MIr wäre der x250 immer noch zu schwer, aber irgendwo muss man halt einen Kompromiss eingehen.

Was willst Du mit "viel Arbeitsspeicher"? Soll dort Davinci Resolve oder Premiere Pro genutzt werden, um dann 4K Video halbprofessionell zu bearbeiten? Den x250 kann man auch auf 16 GB aufrüsten.

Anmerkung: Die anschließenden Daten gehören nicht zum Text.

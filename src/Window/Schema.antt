-- ===== src/Window/Schema.antt =====
-- src/window.ts, the zod schemas, as tests of values of the types in Window/Types.antt.
use tasc.Base.{Bool, true, ◌&&◌, Option, none, some, leb, nat_eq, option_eq}
use tasc.Text.{Text, text_eq, is_slug, is_digest}
use tasc.Timestamp.{is_contract_timestamp}
use tasc.Work.{max_safe_integer}
use tasc.Window.Types.{
  MembershipRule, Capacity, unavailable, reported, ManifestBody, Changes, capacity_eq,
}

abbrev pub valid_rule : MembershipRule → Bool
valid_rule r = is_slug r.seed && leb r.sample_basis_points 10000

abbrev pub valid_capacity : Capacity → Bool
valid_capacity (unavailable reason) = is_slug reason
valid_capacity (reported r) =
    is_digest r.declaration_digest
    && is_digest r.frozen_policy_digest
    && is_contract_timestamp r.event_time_start_inclusive
    && is_contract_timestamp r.event_time_end_exclusive

abbrev pub valid_predecessor : Option Text → Bool
valid_predecessor none = true
valid_predecessor (some d) = is_digest d

-- `windowManifestBodySchema`.
unfoldable pub valid_body : ManifestBody → Bool
valid_body m =
    is_slug m.window_id
    && is_digest m.protocol_digest
    && is_digest m.frozen_policy_digest
    && is_contract_timestamp m.event_time_start_inclusive
    && is_contract_timestamp m.event_time_end_exclusive
    && is_contract_timestamp m.ingestion_watermark
    && is_slug m.closure_reason
    && valid_rule m.membership_rule
    && is_digest m.membership_digest
    && (leb 1 m.revision && leb m.revision max_safe_integer)
    && valid_predecessor m.predecessor_manifest_digest
    && is_digest m.trace_set_digest
    && is_digest m.evaluator_set_digest
    && valid_capacity m.capacity_evidence

-- `windowManifestRevisionChangesSchema`.
unfoldable pub valid_changes : Changes → Bool
valid_changes c =
    is_contract_timestamp c.ingestion_watermark
    && is_slug c.closure_reason
    && is_digest c.trace_set_digest
    && is_digest c.evaluator_set_digest
    && valid_capacity c.capacity_evidence
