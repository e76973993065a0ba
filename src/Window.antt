-- ===== src/Window.antt =====
-- src/window.ts: sealed window manifests. A manifest fixes a half-open interval of event times, the
-- watermark of what was ingested, the sampling rule, and the digests of the sources.
pub mod Types
pub mod Schema
pub mod Traces
pub mod Revision
pub mod Membership
pub mod Identity
use tasc.Base.{
  ℕ, ◌+◌, ◌%◌, Bool, true, false, not, ◌&&◌, ◌||◌, List, [], ◌∷◌, Option, none, some, ltb, leb,
  ◌==◌, nat_eq, option_eq, is_none, is_some, last?, if◌then◌else◌, Result, ok, err, require, refuse,
  ◌>>=◌, ◌>>◌,
}
use tasc.Text.{Text, text_eq, is_slug, is_digest}
use tasc.Timestamp.{is_contract_timestamp, milliseconds}
use tasc.Controller.Types.{Manifest}
use tasc.Work.{max_safe_integer}
use tasc.Window.Types.{
  manifest_protocol, manifest_rule, manifest_policy, late_evidence, ManifestInput, with_digest,
  without_digest, WindowProtocol, MembershipRule, Capacity, ReportedCapacity, unavailable, reported,
  ManifestBody, WindowManifest, Changes, Attempt, Trace, WindowContracts, WindowError, split_online,
  capacity_eq, not_in_bounds, bad_shape, bad_interval, bad_watermark, first_predecessor,
  missing_predecessor, bad_membership, capacity_policy, capacity_bounds, bad_self_digest,
  watermark_back, nothing_changed, too_many_revisions, not_online, other_protocol, other_policy,
  other_window, other_membership, no_attempt, outside_interval, late_completion, not_sampled,
  first_attempt,
}
use tasc.Window.Schema.{valid_rule, valid_capacity, valid_body, valid_changes}

-- The part of the semantics on reported capacity.
abbrev check_capacity : ManifestBody → Capacity → Result WindowError (Unit {0})
check_capacity m (unavailable reason) = ok tt
check_capacity m (reported r) = do
  require (r.frozen_policy_digest == m.frozen_policy_digest) capacity_policy
  require
      (r.event_time_start_inclusive == m.event_time_start_inclusive
        && r.event_time_end_exclusive == m.event_time_end_exclusive)
      capacity_bounds

module _ (w : WindowContracts) where
  -- `assertWindowManifestBodySemantics`.
  unfoldable pub check_body : ManifestBody → Result WindowError (Unit {0})
  check_body m = do
    let start = milliseconds m.event_time_start_inclusive
    let end = milliseconds m.event_time_end_exclusive
    let watermark = milliseconds m.ingestion_watermark
    refuse (leb end start) bad_interval
    refuse (ltb watermark end) bad_watermark
    refuse (m.revision == 1 && is_some m.predecessor_manifest_digest) first_predecessor
    refuse (ltb 1 m.revision && is_none m.predecessor_manifest_digest) missing_predecessor
    require
        (m.membership_digest == w.digest_membership m.window_id m.protocol_digest m.membership_rule)
        bad_membership
    check_capacity m m.capacity_evidence

  -- `parseWindowManifest`.
  unfoldable pub parse_manifest : WindowManifest → Result WindowError WindowManifest
  unfolding check_body
  parse_manifest m = do
    require (w.fits_manifest m) not_in_bounds
    require (valid_body m.body && is_digest m.self_digest) bad_shape
    check_body m.body
    require (m.self_digest == w.digest_manifest m.body) bad_self_digest
    ok m

  -- `createWindowManifestRevision`, its body.
  abbrev pub revision_body : WindowManifest → Changes → ManifestBody
  revision_body p c = record {
    window_id = p.window_id;
    protocol_digest = p.protocol_digest;
    frozen_policy_digest = p.frozen_policy_digest;
    event_time_start_inclusive = p.event_time_start_inclusive;
    event_time_end_exclusive = p.event_time_end_exclusive;
    ingestion_watermark = c.ingestion_watermark;
    closure_reason = c.closure_reason;
    membership_rule = p.membership_rule;
    membership_digest = p.membership_digest;
    revision = p.revision + 1;
    predecessor_manifest_digest = some p.self_digest;
    trace_set_digest = c.trace_set_digest;
    evaluator_set_digest = c.evaluator_set_digest;
    capacity_evidence = c.capacity_evidence;
  }

  -- The steps after the predecessor is parsed.
  unfoldable pub revise : WindowManifest → Changes → Result WindowError WindowManifest
  unfolding parse_manifest check_body
  revise p c = do
    require (w.fits_changes c) not_in_bounds
    require (valid_changes c) bad_shape
    refuse (ltb (milliseconds c.ingestion_watermark) (milliseconds p.ingestion_watermark))
        watermark_back
    refuse
        (c.trace_set_digest == p.trace_set_digest
          && c.evaluator_set_digest == p.evaluator_set_digest
          && c.capacity_evidence == p.capacity_evidence)
        nothing_changed
    refuse (p.revision == max_safe_integer) too_many_revisions
    check_body (revision_body p c)
    parse_manifest
        (record { body = revision_body p c; self_digest = w.digest_manifest (revision_body p c) })

  unfoldable pub create_revision : WindowManifest → Changes → Result WindowError WindowManifest
  unfolding parse_manifest revise
  create_revision previous c = do p ← parse_manifest previous; revise p c

  -- `projectWindowManifest` of src/controller.ts.
  unfoldable pub project_manifest : WindowManifest → Result WindowError Manifest
  unfolding parse_manifest
  project_manifest m = do
    p ← parse_manifest m
    ok (record {
      window_id = p.window_id;
      manifest_digest = p.self_digest;
      protocol_digest = p.protocol_digest;
      frozen_policy_digest = p.frozen_policy_digest;
      event_time_start_inclusive = p.event_time_start_inclusive;
      event_time_end_exclusive = p.event_time_end_exclusive;
      ingestion_watermark = p.ingestion_watermark;
      revision = p.revision;
      predecessor_manifest_digest = p.predecessor_manifest_digest;
      trace_set_digest = p.trace_set_digest;
      evaluator_set_digest = p.evaluator_set_digest;
      capacity_evidence_digest = w.digest_capacity p.capacity_evidence;
    })

  -- `deriveWindowMembershipDigest`.
  unfoldable pub derive_membership_digest : Text → Text → MembershipRule → Result WindowError Text
  derive_membership_digest window_id protocol_digest rule = do
    require (w.fits_binding window_id protocol_digest rule) not_in_bounds
    require (is_slug window_id && is_digest protocol_digest && valid_rule rule) bad_shape
    ok (w.digest_membership window_id protocol_digest rule)

  -- `fingerprintWindowManifest`: the digest of the body, whatever digest the input states.
  unfoldable pub fingerprint_manifest : ManifestInput → Result WindowError Text
  unfolding check_body
  fingerprint_manifest (with_digest m) = do
    require (w.fits_manifest m) not_in_bounds
    require (valid_body m.body && is_digest m.self_digest) bad_shape
    check_body m.body
    ok (w.digest_manifest m.body)
  fingerprint_manifest (without_digest m) = do
    require (w.fits_body m) not_in_bounds
    require (valid_body m) bad_shape
    check_body m
    ok (w.digest_manifest m)

  -- `assertWindowManifestMatchesProtocol`.
  unfoldable pub assert_matches_protocol :
      WindowManifest → WindowProtocol → Text → Result WindowError (Unit {0})
  unfolding parse_manifest
  assert_matches_protocol input protocol policy = do
    m ← parse_manifest input
    require (w.fits_policy policy) not_in_bounds
    require (is_digest policy) bad_shape
    require (m.protocol_digest == protocol.digest) manifest_protocol
    require
        (m.membership_rule.seed == protocol.online_window_membership.seed
          && m.membership_rule.sample_basis_points
            == protocol.online_window_membership.sample_basis_points)
        manifest_rule
    require (m.frozen_policy_digest == policy) manifest_policy

  -- `assertAcceptedEvaluatorEvidenceWithinWindowWatermark`, of the time at which normalized evidence
  -- was produced.
  unfoldable pub assert_evidence_in_time : Text → WindowManifest → Result WindowError (Unit {0})
  unfolding parse_manifest
  assert_evidence_in_time produced_at input = do
    m ← parse_manifest input
    refuse (ltb (milliseconds m.ingestion_watermark) (milliseconds produced_at)) late_evidence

Mit dem 48 Wh Akku hällt er zwischen 1,5 und 5,5 Stunden durch, mit dem optionalen 72 Wh Akku dann sicher länger (und wird auch schwerer/größer)
Test Lenovo ThinkPad X250 Ultrabook - Notebookcheck.com Tests

Wie lange der Asus mit dem 32 Wh Akku durchhält, kann man wohl ohne ausführlichen Test nur erraten.


----------



## mr.4EvEr (25. Juli 2020)

Die Konfiguration von Einwegkartoffel ist erst seit ein paar Tagen auf Geizhals gelistet. Die Akkulaufzeit wird eher kurz ausfallen, da die Ryzen 3000 CPUs noch etwas mehr Strom als ihre Nachfolger benötigen und der Akku mit 32 Wh klein ist.
1,6 kg für einen 14" Laptop sind auch eher viel (liegt u.A. an der HDD). Leichtgewichte sind etwa 400-500 g leichter.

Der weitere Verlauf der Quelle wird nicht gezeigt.